The World Health Organization said people obtaining unsafe abortions are at a higher risk of death. Annually, 4.7% to 13.2% "of maternal deaths can be attributed to unsafe abortion," the WHO said. In developing regions of the world, there are 220 deaths per 100,000 unsafe abortions.
Trans and nonbinary people have undergone abortions as well.
The Guttmacher Institute estimates in 2017, an estimated 462 to 530 transgender or nonbinary individuals in the U.S. had abortions. That same year, the CDC said, 609,095 total abortions were carried out in the country.
The Abortion Out Loud campaign has collected stories from thousands of people who have had an abortion. Included are stories from trans and nonbinary people who have had an abortion — such as Jae, who spoke their experience.
"Most abortions in 2019 took place early in gestation," according to the CDC. Nearly 93% of abortions were performed at less than 13 weeks' gestation.
Abortion pills, which can typically be used up to 10 weeks into a pregnancy, made up 54% of abortions in 2020. These pills were the primary choice in the U.S. for the first time since the Food and Drug Administration approved the abortion drug mifepristone more than 20 years ago.
State legislatures have been moving to adopt 20-week abortion bans, with abortion opponents claiming fetuses can feel pain at that point. Roughly a third of states have implemented an abortion ban around 20 weeks.
But this contradicts widely accepted medical research from 2005. This study, published in the Journal of the American Medical Association, concluded that a fetus is not capable of experiencing pain until somewhere between 29 or 30 weeks.

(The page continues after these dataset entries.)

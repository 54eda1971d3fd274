-- ===== src/Reassembly/Invariant.antt =====
-- The counters of every unfinished message agree with its chunks, so that `push` never panics.
use lobbylink.Base.{
  ◌∙◌, Bool-cases, ltb, ltb→lt, inl, inr, Option-cases, length-set, lt-get_elem?, ℕ, ◌+◌, ◌≤◌, ◌≡◌,
  ap, List, [], Option, none, some, length, get_elem?, arith,
}
use lobbylink.Base.Map
use lobbylink.Base.Map.{
  HashMap, get-insert, get-remove, get-retain, Distinct, insert-Distinct, remove-Distinct,
  retain-Distinct,
}
use lobbylink.Base.Outcome.{Outcome, ◌>>=◌, index-eq-ok, ok}
use lobbylink.Framing.{Frame, max_reliable_message}
use lobbylink.Framing.Sound.{IsAcceptable}
use lobbylink.Reassembly.{
  entry_for, fill, finish, store, push, Entry, Reassembler, prune, drop_resized,
}
use lobbylink.Reassembly.Counters.{
  IsConsistent, IsValid, present-set, stored_bytes-set, join_total, fresh_entry-IsConsistent,
  prune-IsValid, drop_resized-IsValid, IsStored, remove-IsValid, insert-IsValid,
}

-- `insert` then `remove` is `remove`.
remove-insert-IsValid :
    (m : HashMap Entry) (k : ℕ) (entry : Entry)
    → IsValid (record { inflight = m })
    → IsValid (record { inflight = Map.remove (Map.insert m k entry) k })
remove-insert-IsValid m k entry v = record {
  distinct = remove-Distinct (Map.insert m k entry) k (insert-Distinct m k entry v.distinct);
  entries = λ j e h.
      ground (arith, get-remove (Map.insert m k entry) k j, get-insert m k j entry, v.entries j e);
}

fill-IsStored :
    (e : Entry) (f : Frame)
    → IsConsistent e
    → get_elem? e.chunks f.seq ≡ some none
    → e.bytes + length f.payload ≤ max_reliable_message
    → IsStored (fill e f)
fill-IsStored e f k h fits = record {
  slots = length-set e.chunks f.seq (some f.payload) ∙ k.slots;
  counted = omega (arith, k.counted, present-set e.chunks f.seq f.payload h);
  sized = omega (arith, k.sized, stored_bytes-set e.chunks f.seq f.payload h);
  started = omega (arith, k.unfinished);
  slots_bound = k.slots_bound;
  bytes_bound = fits;
}

abbrev Runs : Outcome ⊥ (Reassembler × Option (List ℕ)) → Type 0
Runs result = (r : Reassembler) × (out : Option (List ℕ)) × (result ≡ ok (r, out)) × IsValid r

finish-Runs :
    (m : HashMap Entry) (f : Frame) (e : Entry)
    → IsValid (record { inflight = m })
    → IsStored e
    → Runs (finish (Map.insert m f.msg_id e) f e)
unfolding finish
finish-Runs m f e v s = elim (Bool-cases (ltb e.received e.total)) [
  | inl more ↦ (
    record { inflight = Map.insert m f.msg_id e },
    none,
    rw more,
    insert-IsValid m f.msg_id e v (record {
      slots = s.slots;
      counted = s.counted;
      sized = s.sized;
      unfinished = ltb→lt _ _ more;
      slots_bound = s.slots_bound;
      bytes_bound = s.bytes_bound;
    }),
  )
  | inr done ↦
      let (message, joined) = join_total [] e.chunks (ground arith) in
      (
        record { inflight = Map.remove (Map.insert m f.msg_id e) f.msg_id },
        some message,
        rw (done, joined),
        remove-insert-IsValid m f.msg_id e v,
      )
]

store-Runs :
    (m : HashMap Entry) (f : Frame) (e : Entry) (slot : Option (List ℕ))
    → IsValid (record { inflight = m })
    → IsConsistent e
    → get_elem? e.chunks f.seq ≡ some slot
    → Runs (store m f e slot)
unfolding store
store-Runs m f e (some c) v k h = finish-Runs m f e v (record {
  slots = k.slots;
  counted = k.counted;
  sized = k.sized;
  started = omega (arith, k.unfinished);
  slots_bound = k.slots_bound;
  bytes_bound = k.bytes_bound;
})
store-Runs m f e none v k h =
    elim (Bool-cases (ltb max_reliable_message (e.bytes + length f.payload))) [
      | inl over ↦
          (record { inflight = Map.remove m f.msg_id }, none, rw over, remove-IsValid m f.msg_id v)
      | inr fits ↦ rw fits (finish-Runs m f (fill e f) v (fill-IsStored e f k h (ground arith)))
    ]

entry_for-IsConsistent :
    (m : HashMap Entry) (f : Frame) (now : ℕ)
    → IsValid (record { inflight = m })
    → IsAcceptable f
    → IsConsistent (entry_for m f now)
unfolding entry_for
entry_for-IsConsistent m f now v a = elim (Option-cases (Map.get m f.msg_id)) [
  | inl none_yet ↦ rw (none_yet, entry_for) (fresh_entry-IsConsistent f now a)
  | inr (e, found) ↦ rw (found, entry_for) (v.entries f.msg_id e found)
]

-- The entry that a frame meets has as many slots as the frame says.
pub entry_for-total :
    (m : HashMap Entry) (f : Frame) (now : ℕ) → (entry_for (drop_resized m f) f now).total ≡ f.total
unfolding entry_for drop_resized
entry_for-total m f now = ground (arith, get-remove m f.msg_id f.msg_id)

-- The map and the entry that a frame meets.
abbrev pub met_map : Reassembler → Frame → ℕ → HashMap Entry
met_map r f now = drop_resized (prune r now).inflight f

abbrev pub met_entry : Reassembler → Frame → ℕ → Entry
met_entry r f now = entry_for (met_map r f now) f now

pub push-eq-store :
    (r : Reassembler) (f : Frame) (now : ℕ) (slot : Option (List ℕ))
    → get_elem? (met_entry r f now).chunks f.seq ≡ some slot
    → push r f now ≡ store (met_map r f now) f (met_entry r f now) slot
unfolding push
push-eq-store r f now slot h =
    ap (λ o. o >>= store (met_map r f now) f (met_entry r f now))
      (index-eq-ok (met_entry r f now).chunks f.seq slot h)

pub met_map-IsValid :
    (r : Reassembler) (f : Frame) (now : ℕ)
    → IsValid r
    → IsValid (record { inflight = met_map r f now })
met_map-IsValid r f now v = drop_resized-IsValid (prune r now) f (prune-IsValid r now v)

pub met_entry-IsConsistent :
    (r : Reassembler) (f : Frame) (now : ℕ)
    → IsValid r
    → IsAcceptable f
    → IsConsistent (met_entry r f now)
met_entry-IsConsistent r f now v a =
    entry_for-IsConsistent (met_map r f now) f now (met_map-IsValid r f now v) a

-- On a well-formed reassembler and a frame that the parser accepts, `push` never panics, and it
-- leaves a well-formed reassembler: counters that agree with the chunks, every entry unfinished,
-- at most 4096 slots and 16 MiB in each.
pub push-IsValid :
    (r : Reassembler) (f : Frame) (now : ℕ)
    → IsValid r
    → IsAcceptable f
    → (r' : Reassembler) × (out : Option (List ℕ)) × (push r f now ≡ ok (r', out)) × IsValid r'
push-IsValid r f now v a =
    let k = met_entry-IsConsistent r f now v a in
    let (slot, found) =
      lt-get_elem? (met_entry r f now).chunks f.seq
        (omega (arith, k.slots, entry_for-total (prune r now).inflight f now, a.seq_lt)) in
    rw (push-eq-store r f now slot found)
      (store-Runs (met_map r f now) f (met_entry r f now) slot (met_map-IsValid r f now v) k found)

Researchers wrote that fetal awareness of pain requires "functional thalamocortical connections." Those thalamocortical fibers begin appearing between 23 and 30 weeks' gestational age, but the capacity for pain perception comes later.
The argument against abortion has frequently been based on religion.
Data shows that the majority of people who get an abortion have some sort of religious affiliation, according to the most recent Guttmacher Institute data, from 2014.
The Pew Research Center also shows that attitudes on whether abortion should be legal vary among evangelical Protestants, mainline Protestants and Catholics.